Так кто кому мешал?
А может, и правда развал начался с того, что людям не захотелось больше жить в постоянном страхе, что за каждое неосторожное слово можно срок получить? Может, тоже захотелось, как в Америке, открыто (ну, или хоть как в позднем СССР, на кухне без страха, что сосед подслушает и донесет) обсуждать, кого бы предпочтительнее было видеть в руководстве? И даже — сказать страшно! — захотелось самим это решать (на выборах)? И кто кому в таком случае мешал (и мешает) «самим своим существованием»? Да последнее, впрочем, видно и из многого другого, хотя бы из следующего эпизода.
На XIX съезде ВКП(б) — КПСС Сталин страшно «наехал» на Молотова и Микояна. Кремлев, понятно, преуменьшает степень «наезда», категорически отрицает утверждения «демократических» «историков» (кавычки Кремлева. — Д. В.) о том, что Сталин чуть ли не смешивал Молотова и Микояна с пресловутой «лагерной пылью. Но это ложь. И говорить так есть основания не только благодаря наличию ряда воспоминаний о пленуме, но и прямо из анализа той ситуации» (3. С. 160–161).
Что же, с воспоминаний о пленуме и начнем. И действительно, если мы не верим «демократическим историкам», то разумнее всего послушать очевидцев. Писатель Константин Симонов, Вам слово:
«Сталин, высказав несколько общих фраз на тему о том, как важно в борьбе с врагом проявить мужество, отступить, не капитулировать, не счел нужным говорить вообще о мужестве или страхе, решимости и капитулянтстве. Все, что он говорил об этом, он привязал конкретно к двум членам Политбюро.

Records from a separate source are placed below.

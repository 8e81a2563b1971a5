-- ===== src/Web/Registry/Dropped.antt =====
-- What is gone with a session: crates/codex-runtime/src/adapters/web/state.rs.
use coclai.Prelude.{
  ◌≡◌, refl, ◌≢◌, String, false, Option, none, some, ◌==◌, lookup, arith, eq_iff, lookup-modify,
  lookup-retain, lookup-remove_self, lookup-remove_ne, not, ◌>>=◌ as ◌|>◌, UniqueKeys,
  if◌then◌else◌, modify, retain, Map, subst, sym, ◌∙◌,
}
use coclai.Json.{Json}
use coclai.Web.Types.{ok, SessionRecord, Topics, WebState}
use coclai.Web.Registry.{begin_close_owned_session, begin_closing, drop_session}
use coclai.Web.Registry.Access.{begin_close_lem}

-- Who is reached through an approval, where the approvals of a session are given up.
abbrev pub except_owner : (session_id : String) → Option String → Option String
except_owner session_id owner = owner |> λ v. if v == session_id then none else some v

lookup-retain-except_owner :
    (session_id approval : String) (owners : Map String)
    → UniqueKeys owners
    → lookup approval (retain (λ _ owner. not (owner == session_id)) owners)
      ≡ except_owner session_id (lookup approval owners)
lookup-retain-except_owner session_id approval owners u =
    lookup-retain (λ _ owner. not (owner == session_id)) approval owners u
    ∙ same (lookup approval owners)
  where
    same :
        (owner : Option String)
        → (owner |> λ v. if not (v == session_id) then some v else none)
          ≡ except_owner session_id owner
    same none = refl
    same (some v) = ground arith

except_owner_ne :
    (session_id : String) (owner : Option String) → except_owner session_id owner ≢ some session_id
except_owner_ne session_id none e = cc
except_owner_ne session_id (some v) e = ground (arith, eq_iff v session_id)

module _ {json : Json} {topics : Topics} where
  -- What `left` holds once the session and its thread are gone from the registry: nothing of the
  -- session, everything of the other session and of the other thread, and every approval with its
  -- owner but those of the session.
  abbrev pub IsGone :
      (state left : WebState json topics)
      → (session_id thread_id other other_thread approval : String) → Type 0
  IsGone state left session_id thread_id other other_thread approval =
      (lookup session_id left.sessions ≡ none)
      × (lookup session_id left.event_topics ≡ none)
      × (lookup session_id left.approval_topics ≡ none)
      × (lookup session_id left.queued_approvals ≡ none)
      × (lookup thread_id left.thread_to_session ≡ none)
      × (lookup approval left.approval_to_session ≢ some session_id)
      × (lookup other left.sessions ≡ lookup other state.sessions)
      × (lookup other left.event_topics ≡ lookup other state.event_topics)
      × (lookup other left.approval_topics ≡ lookup other state.approval_topics)
      × (lookup other left.queued_approvals ≡ lookup other state.queued_approvals)
      × (lookup other_thread left.thread_to_session ≡ lookup other_thread state.thread_to_session)
      × (lookup approval left.approval_to_session
          ≡ except_owner session_id (lookup approval state.approval_to_session))

module _ {json : Json} {topics : Topics} (state : WebState json topics)
    (session_id thread_id : String) where
  -- Where no approval is indexed twice, a dropped session leaves nothing behind: no record, no topic,
  -- no queue, no entry of its thread and no approval that leads to it. The record, the topics and the
  -- queue of any other session stay, as does the entry of any other thread, and every approval of
  -- another session keeps its owner.
  pub drop_session_lem :
      (other other_thread approval : String)
      → UniqueKeys state.approval_to_session
      → (session_id == other) ≡ false
      → (thread_id == other_thread) ≡ false
      → IsGone state
          (drop_session state session_id thread_id)
          session_id
          thread_id
          other
          other_thread
          approval
  unfolding drop_session
  drop_session_lem other other_thread approval u apart apart_thread =
      let owner = lookup-retain-except_owner session_id approval state.approval_to_session u in
      (
        lookup-remove_self session_id state.sessions,
        lookup-remove_self session_id state.event_topics,
        lookup-remove_self session_id state.approval_topics,
        lookup-remove_self session_id state.queued_approvals,
        lookup-remove_self thread_id state.thread_to_session,
        λ found.
            except_owner_ne session_id (lookup approval state.approval_to_session)
              (sym owner ∙ found),
        lookup-remove_ne session_id other state.sessions apart,
        lookup-remove_ne session_id other state.event_topics apart,
        lookup-remove_ne session_id other state.approval_topics apart,
        lookup-remove_ne session_id other state.queued_approvals apart,
        lookup-remove_ne thread_id other_thread state.thread_to_session apart_thread,
        owner,
      )

module _ {json : Json} {topics : Topics} (state : WebState json topics)
    (tenant_id session_id : String) (session : SessionRecord) (closed : WebState json topics)
    (begun : begin_close_owned_session state tenant_id session_id ≡ (ok session, closed)) where
  -- What is gone when a session that has begun to close is dropped, of the registry before the begin.
  pub drop_closing :
      (other other_thread approval : String)
      → UniqueKeys state.approval_to_session
      → (session_id == other) ≡ false
      → (session.thread_id == other_thread) ≡ false
      → IsGone state
          (drop_session closed session_id session.thread_id)
          session_id
          session.thread_id
          other
          other_thread
          approval
  unfolding drop_session
  drop_closing other other_thread approval u apart apart_thread =
      let (found, there, owned, live, s, c) =
        begin_close_lem state tenant_id session_id session closed begun in
      let marked : WebState json topics = record state {
        sessions = modify session_id begin_closing state.sessions;
      } in
      let (
        record_gone, events_gone, topic_gone, queue_gone, thread_gone, owner_gone, kept, events,
        topic, queue, thread, owner,
      ) =
        drop_session_lem marked session_id session.thread_id other other_thread approval u apart
          apart_thread in
      let unmarked : lookup other marked.sessions ≡ lookup other state.sessions =
        lookup-modify session_id other begin_closing state.sessions ∙ ground (arith, apart) in
      subst
        (λ w.
          IsGone state (drop_session w session_id session.thread_id) session_id session.thread_id
            other other_thread approval)
        (sym c)
        (
          record_gone,
          events_gone,
          topic_gone,
          queue_gone,
          thread_gone,
          owner_gone,
          kept ∙ unmarked,
          events,
          topic,
          queue,
          thread,
          owner,
        )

Сталин обрушился сначала на Молотова, а потом и на Микояна с обвинениями в нестойкости, нетвердости, подозрениями в трусости, капитулянтстве… Это было настолько неожиданно, что я сначала не поверил своим ушам, подумал, что ослышался или не понял. Оказалось, что это именно так.
Он говорил о Молотове долго и беспощадно, приводя какие-то не запомнившиеся мне примеры неправильных действий Молотова, связанных главным образом с теми периодами, когда он, Сталин, бывал в отпусках, а Молотов оставался за него и неправильно решал какие-то вопросы, которые надо было решать иначе… Такая же конструкция была и у следующей части его речи, посвященной Микояну, более короткой, но по каким-то своим оттенкам еще более злой и неуважительной.
В зале стояла страшная тишина. На соседей я не оглядывался, но четырех членов Политбюро, сидевших сзади Сталина за трибуной, с которой он говорил, я видел: у них у всех были окаменевшие, напряженные, неподвижные лица. Они не знали, так же как и мы, где и когда, и на чем остановится Сталин, не шагнет ли он… еще на кого-то. Они не знали, что еще предстоит услышать о других, а может, и о себе.
Лица Молотова и Микояна были белые и мертвые. Такими же белыми и мертвыми эти лица остались тогда, когда Сталин кончил, вернулся, сел за стол, а они — сначала Молотов, потом Микоян — спустились один за другим на трибуну…. и там — Молотов дольше, Микоян короче — пытались объяснить Сталину свои действия и поступки, оправдаться… Оба выступавшие… казались произносившими последнее слово подсудимыми, которые отрицают все взваленные на них вины, но которые вряд ли могут надеяться на перемену в своей, уже решенной Сталиным судьбе»[190].
Ну, и кому верить — очевидцу Симонову или «историку», не знающему даже, кем из русских самозванцев выстрелили из пушки?
Но в свете несомненной вроде (после всего сказанного, а мы еще скажем…) подготовки СССР к войне главное заключается в другом. Зададимся вопросом: за что же бедолагам такая немилость? При ответе на этот вопрос самое время заняться тем самым анализом ситуации, который предлагает г-н Кремлев. И слово на сей раз предоставляется не «демократическим историкам», и даже не очевидцам, а ему самому.
Так вот, по словам Кремлева, Молотов и Микоян поездили по миру, побывали в том числе и в Америке. И на них «это (то, что они там увидели, — достаток, комфорт, «довольный вид масс», экономическая и индустриальная мощь. — Д. В.) оказало деморализующее воздействие». Причем Кремлев признает, что Америка поражала не только на фоне послевоенной разрухи, но и на фоне 1930-х гг. И Молотов и Микоян «уже не считали, что нет таких крепостей, которые не могли бы взять большевики. Соратники с подобными настроениями Сталину не требовались…» (3. С. 74).